Sun Jan 12, 2020, 02:31 PM

2. Greetings NNadir: Valar Morghulis

Seriously, scientist, believing it or not: On the 7th day He found it--whatever/however that was-- good and rested, whatever block of time that represented at the beginning of everything! Humans screwed it up!

I found your post to be almost satirical, i.e. a double negative "couldn't care less." You don't deny the increasing ppm nor a consequent personal participation in "climate change." Is it the worry over the measurable numbers, or mankind's "marketing" of those various and albeit expensive ways this planet's humans might TRY to adapt to the consequences of their own numbers or in not being logical and reasonable in not wanting what you seem to so clearly state, that nuclear power is the BEST WAY of preserving/conserving the planet's resources? Having lived in a relatively stable Richter-wise 10-mile zone I'm not similarly convinced that's best for the entire world even in light of humans being irradiated one way or the other in any case (by the planetary solar kind of radiation).

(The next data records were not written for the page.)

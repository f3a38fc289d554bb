-- ===== src/Auth/Service.antt =====
-- packages/backend/src/auth/auth.service.ts: registration, the two steps of a login, sessions, and the
-- second factor. What is drawn at random and the ids of new rows are arguments; `now` is the clock in
-- milliseconds. A column that is assigned `undefined` keeps its value in a TypeORM save.
use nexus_panel.Common.{
  ℕ, ◌/◌, is_some, Bool, true, false, not, ◌&&◌, ◌||◌, Option, none, some, List, [], ◌∷◌,
  if◌then◌else◌,
}
use nexus_panel.Common.Texts.{Text, codes, ◌==◌}
use nexus_panel.Database.Entities.{
  User, Session, AuditLog, user_clash, session_clash, audit_log_clash,
}
use nexus_panel.Database.Orm.{Orm}
use nexus_panel.Database.Rows.{has_key}
use nexus_panel.Database.Panel.{
  unauthorized, not_found, conflict, internal, M, ◌>>=◌, ◌>>◌, pure, gets, modify, throw_if,
  or_throw,
}
use nexus_panel.Auth.Crypto.{Crypto, Claims}

pub record RegisterDto : Type 0 where
  pub email : Text
  pub username : Text
  pub password : Text

pub record LoginDto : Type 0 where
  pub email : Text
  pub password : Text
  pub two_factor_code : Option Text

-- The user as a login answers it.
pub record UserView : Type 0 where
  pub id : Text
  pub email : Text
  pub username : Text
  pub root_admin : Bool
  pub uses_totp : Bool

pub data LoginResult : Type 0 where
  requires_two_factor : (session_token : Text) → UserView → LoginResult
  signed_in : (access_token refresh_token : Text) → UserView → LoginResult

-- The client, and what a login draws.
pub record Visit : Type 0 where
  pub ip : Text
  pub user_agent : Text
  pub now : ℕ
  pub session_id : Text
  pub refresh_token : Text
  pub audit_id : Text

pub record FreshUser : Type 0 where
  pub id : Text
  pub salt : Text
  pub audit_id : Text
  pub now : ℕ

abbrev pub user_id : User → Text
user_id u = u.id

abbrev pub user_email : User → Text
user_email u = u.email

abbrev pub session_id : Session → Text
session_id s = s.id

abbrev pub two_factor : Text
two_factor = codes "two-factor"

abbrev pub view : User → UserView
view u = record {
  id = u.id;
  email = u.email;
  username = u.username;
  root_admin = u.root_admin;
  uses_totp = u.uses_totp;
}

abbrev pub access_claims : User → Claims
access_claims u = record {
  sub = u.id;
  email = some u.email;
  root_admin = some u.root_admin;
  purpose = none;
  impersonated_by = none;
}

abbrev pub two_factor_claims : User → Claims
two_factor_claims u = record {
  sub = u.id;
  email = none;
  root_admin = none;
  purpose = some two_factor;
  impersonated_by = none;
}

-- The row that registration stores, with the defaults of its columns.
abbrev pub new_user : RegisterDto → Text → FreshUser → User
new_user dto password fresh = record {
  id = fresh.id;
  email = dto.email;
  username = dto.username;
  password = password;
  root_admin = false;
  uses_totp = false;
  totp_secret = none;
  pending_totp_secret = none;
  backup_codes = none;
  enabled = true;
  avatar_url = none;
  last_login = none;
  created_at = fresh.now;
  updated_at = fresh.now;
}

abbrev pub new_session : User → Visit → Session
new_session u v = record {
  id = v.session_id;
  user_id = u.id;
  refresh_token = v.refresh_token;
  ip_address = v.ip;
  user_agent = v.user_agent;
  last_active_at = v.now;
  revoked = false;
  created_at = v.now;
  updated_at = v.now;
}

-- A null or empty column is falsy.
abbrev pub present : Option Text → Option Text
present none = none
present (some []) = none
present (some (c ∷ s)) = some (c ∷ s)

abbrev pub enabled : Option User → Option User
enabled none = none
enabled (some u) = if u.enabled then some u else none

-- `where: { refreshToken, revoked: false }`.
abbrev pub is_live : Text → Session → Bool
is_live token s = s.refresh_token == token && not s.revoked

-- `where: { id, userId }`.
abbrev pub is_own : Text → Text → Session → Bool
is_own user id s = s.id == id && s.user_id == user

-- `where: [{ email }, { username }]`.
abbrev pub is_taken : Text → Text → User → Bool
is_taken email username u = u.email == email || u.username == username

module _ (orm : Orm) where
  -- `auditLogService.log` of packages/backend/src/audit-log/audit-log.service.ts.
  unfoldable pub log : (id : Text) (user event ip : Text) (now : ℕ) → M (Unit {0})
  log id user event ip now = do
    let entry : AuditLog = record {
      id = id;
      user_id = some user;
      event = event;
      ip = some ip;
      created_at = now;
    }
    stored ← gets (λ p. orm.insert audit_log_clash entry p.audit_logs)
    audit_logs ← or_throw internal stored
    modify (λ p. record p { audit_logs = audit_logs })

  -- `userRepo.save(user)`.
  unfoldable pub save_user : User → M (Unit {0})
  save_user user = do
    stored ← gets (λ p. orm.save user_clash (has_key user_id user.id) user p.users)
    users ← or_throw internal stored
    modify (λ p. record p { users = users })

  -- `sessionRepo.save(session)`.
  unfoldable pub save_session : Session → M (Unit {0})
  save_session session = do
    stored ← gets (λ p. orm.save session_clash (has_key session_id session.id) session p.sessions)
    sessions ← or_throw internal stored
    modify (λ p. record p { sessions = sessions })

  unfoldable pub logout : Text → M (Unit {0})
  logout id = do
    found ← gets (λ p. orm.find_one (has_key session_id id) p.sessions)
    session ← or_throw (not_found "Session not found") found
    save_session (record session { revoked = true })

  unfoldable pub revoke_session : (user id : Text) → M (Unit {0})
  revoke_session user id = do
    found ← gets (λ p. orm.find_one (is_own user id) p.sessions)
    session ← or_throw (not_found "Session not found") found
    save_session (record session { revoked = true })

  unfoldable pub get_user_sessions : Text → M (List Session)
  get_user_sessions user = gets (λ p. orm.find (λ s. s.user_id == user && not s.revoked) p.sessions)

  unfoldable pub validate_user : Text → M (Option User)
  validate_user id = gets (λ p. orm.find_one (λ u. u.id == id && u.enabled) p.users)

  module _ (crypto : Crypto) where
    open crypto use {hash, compare, sign}

    unfoldable pub register : RegisterDto → FreshUser → M User
    register dto fresh = do
      existing ← gets (λ p. orm.find_one (is_taken dto.email dto.username) p.users)
      throw_if (is_some existing) (conflict "Email or username already exists")
      let user = new_user dto (hash fresh.salt 12 dto.password) fresh
      stored ← gets (λ p. orm.insert user_clash user p.users)
      users ← or_throw internal stored
      modify (λ p. record p { users = users })
      log fresh.audit_id user.id (codes "user.created") [] fresh.now
      pure user

    -- The end of `login` and of `verifyTwoFactorLogin`: a token of 15 minutes, and a session.
    unfoldable pub sign_in : User → Visit → M LoginResult
    sign_in user v = do
      let token = sign (v.now / 1000) 900 (access_claims user)
      stored ← gets (λ p. orm.insert session_clash (new_session user v) p.sessions)
      sessions ← or_throw internal stored
      modify (λ p. record p {
        sessions = sessions;
        users =
            orm.update (has_key user_id user.id) (λ u. record u { last_login = some v.now })
              p.users;
      })
      log v.audit_id user.id (codes "user.login") v.ip v.now
      pure (signed_in token v.refresh_token (view user))

    unfoldable pub login : LoginDto → Visit → M LoginResult
    login dto v = do
      found ← gets (λ p. orm.find_one (has_key user_email dto.email) p.users)
      user ← or_throw (unauthorized "Invalid credentials") (enabled found)
      throw_if (not (compare dto.password user.password)) (unauthorized "Invalid credentials")
      let token = sign (v.now / 1000) 300 (two_factor_claims user)
      if user.uses_totp then pure (requires_two_factor token (view user)) else sign_in user v

    -- The new access token.
    unfoldable pub refresh_token : Text → (now : ℕ) → M Text
    refresh_token token now = do
      found ← gets (λ p. orm.find_one (is_live token) p.sessions)
      session ← or_throw (unauthorized "Invalid refresh token") found
      owner ← gets (λ p. orm.find_one (has_key user_id session.user_id) p.users)
      user ← or_throw (unauthorized "User not found or disabled") (enabled owner)
      save_session (record session { last_active_at = now })
      pure (sign (now / 1000) 900 (access_claims user))
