-- ===== src/Locations/Service.antt =====
-- packages/backend/src/locations/locations.service.ts.
use nexus_panel.Common.{
  ℕ, leb, ltb, nat_eq, Bool, true, false, not, ◌&&◌, ◌||◌, Option, none, some, List, [], ◌∷◌, all,
  is_some,
}
use mathlib.Core.Option.{get_or}
use nexus_panel.Common.Texts.{Text, ◌==◌}
use nexus_panel.Database.Entities.{Location, Node, location_clash}
use nexus_panel.Database.Orm.{Orm}
use nexus_panel.Database.Rows.{has_key}
use nexus_panel.Database.Panel.{
  Panel, bad_request, not_found, conflict, internal, M, ◌>>=◌, ◌>>◌, pure, gets, modify, throw_if,
  or_throw,
}

abbrev pub location_id : Location → Text
location_id l = l.id

abbrev pub short_code : Location → Text
short_code l = l.short

-- A node that is assigned to the location.
abbrev pub is_at : Text → Node → Bool
is_at id n = elim n.location_id [ none ↦ false | some l ↦ l == id ]

-- `/^[A-Z0-9-]+$/`.
abbrev pub is_code_unit : ℕ → Bool
is_code_unit c = leb 65 c && leb c 90 || leb 48 c && leb c 57 || nat_eq c 45

abbrev pub is_short_code : Text → Bool
is_short_code [] = false
is_short_code (c ∷ s) = is_code_unit c && all is_code_unit s

-- `conflict && conflict.id !== id`.
abbrev pub is_other : Text → Option Location → Bool
is_other id none = false
is_other id (some l) = not (l.id == id)

module _ (orm : Orm) where
  unfoldable pub find_by_id : Text → M Location
  find_by_id id = do
    found ← gets (λ p. orm.find_one (has_key location_id id) p.locations)
    or_throw (not_found "Location not found") found

  unfoldable pub create : (short long id : Text) → ℕ → M Location
  create short long id now = do
    throw_if (not (is_short_code short))
        (bad_request "Short code must be uppercase alphanumeric (hyphens allowed)")
    existing ← gets (λ p. orm.find_one (has_key short_code short) p.locations)
    throw_if (is_some existing) (conflict "Location short code already exists")
    let location : Location = record {
      id = id;
      short = short;
      long = long;
      created_at = now;
      updated_at = now;
    }
    stored ← gets (λ p. orm.insert location_clash location p.locations)
    locations ← or_throw internal stored
    modify (λ p. record p { locations = locations })
    pure location

  -- The checks of a new short code, where one is given.
  unfoldable pub check_short : Text → Option Text → M (Unit {0})
  check_short id none = pure tt
  check_short id (some short) = do
    throw_if (not (is_short_code short))
        (bad_request "Short code must be uppercase alphanumeric (hyphens allowed)")
    existing ← gets (λ p. orm.find_one (has_key short_code short) p.locations)
    throw_if (is_other id existing) (conflict "Location short code already exists")

  unfoldable pub update : (id : Text) (short long : Option Text) → M Location
  update id short long = do
    location ← find_by_id id
    check_short id short
    let changed : Location = record location {
      short = get_or short location.short;
      long = get_or long location.long;
    }
    stored ←
        gets (λ p. orm.save location_clash (has_key location_id location.id) changed p.locations)
    locations ← or_throw internal stored
    modify (λ p. record p { locations = locations })
    pure changed

  unfoldable pub delete : Text → M (Unit {0})
  delete id = do
    location ← find_by_id id
    count ← gets (λ p. orm.sum (is_at id) (λ n. 1) p.nodes)
    throw_if (ltb 0 count) (bad_request "Cannot delete location: node(s) are still assigned to it")
    modify (λ p. record p { locations = orm.remove (has_key location_id location.id) p.locations })

  -- Each location with the number of its nodes. The order by short code is not in the model.
  abbrev counted : Panel → List Location → List (Location × ℕ)
  counted p [] = []
  counted p (l ∷ ls) = (l, orm.sum (is_at l.id) (λ n. 1) p.nodes) ∷ counted p ls

  unfoldable pub find_all : M (List (Location × ℕ))
  find_all = gets (λ p. counted p (orm.find (λ l. true) p.locations))
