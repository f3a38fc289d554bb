-- ===== src/Common/Js.antt =====
-- What the sources use of JavaScript's numbers and regular expressions.
use nexus_panel.Common.Texts.{Text}
use Prim.Native.Nat.{ℕ}
use nexus_panel.Common.Integers.{ℤ}
use mathlib.Core.Bool.{Bool}
use mathlib.Core.Option.{Option}

-- Double-precision numbers: `Number(text)`, the number of an integer, `isNaN`, `Number.isInteger`,
-- `<`, `+`, `*`, `/` and the text of a number in a template literal. Regular expressions: the test of
-- `new RegExp(pattern)`, and `input.replace(new RegExp(pattern, 'g'), value)`; both are `none` where the
-- constructor throws.
pub record Js : Type 1 where
  pub Number : Type 0
  pub of_text : Text → Number
  pub of_ℕ : ℕ → Number
  pub of_ℤ : ℤ → Number
  pub is_nan : Number → Bool
  pub is_integer : Number → Bool
  pub less : Number → Number → Bool
  pub plus : Number → Number → Number
  pub times : Number → Number → Number
  pub over : Number → Number → Number
  pub show : Number → Text
  pub reg_exp : Text → Option (Text → Bool)
  pub replace_all : (pattern value input : Text) → Option Text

Happy Sunday back at you, and stop the daily obsessing in your inevitable personal fear, dogma, and ignorance devoid of the politics; that can drive one crazy; however, I get that's what drives professional scientific observers for good, for income, and for testing hypotheses that offer many and different opportunities to live without fear, in truth (facts) and certain knowledge in this post's title. To value wisdom armed with what is real is a purpose to be valued, indeed.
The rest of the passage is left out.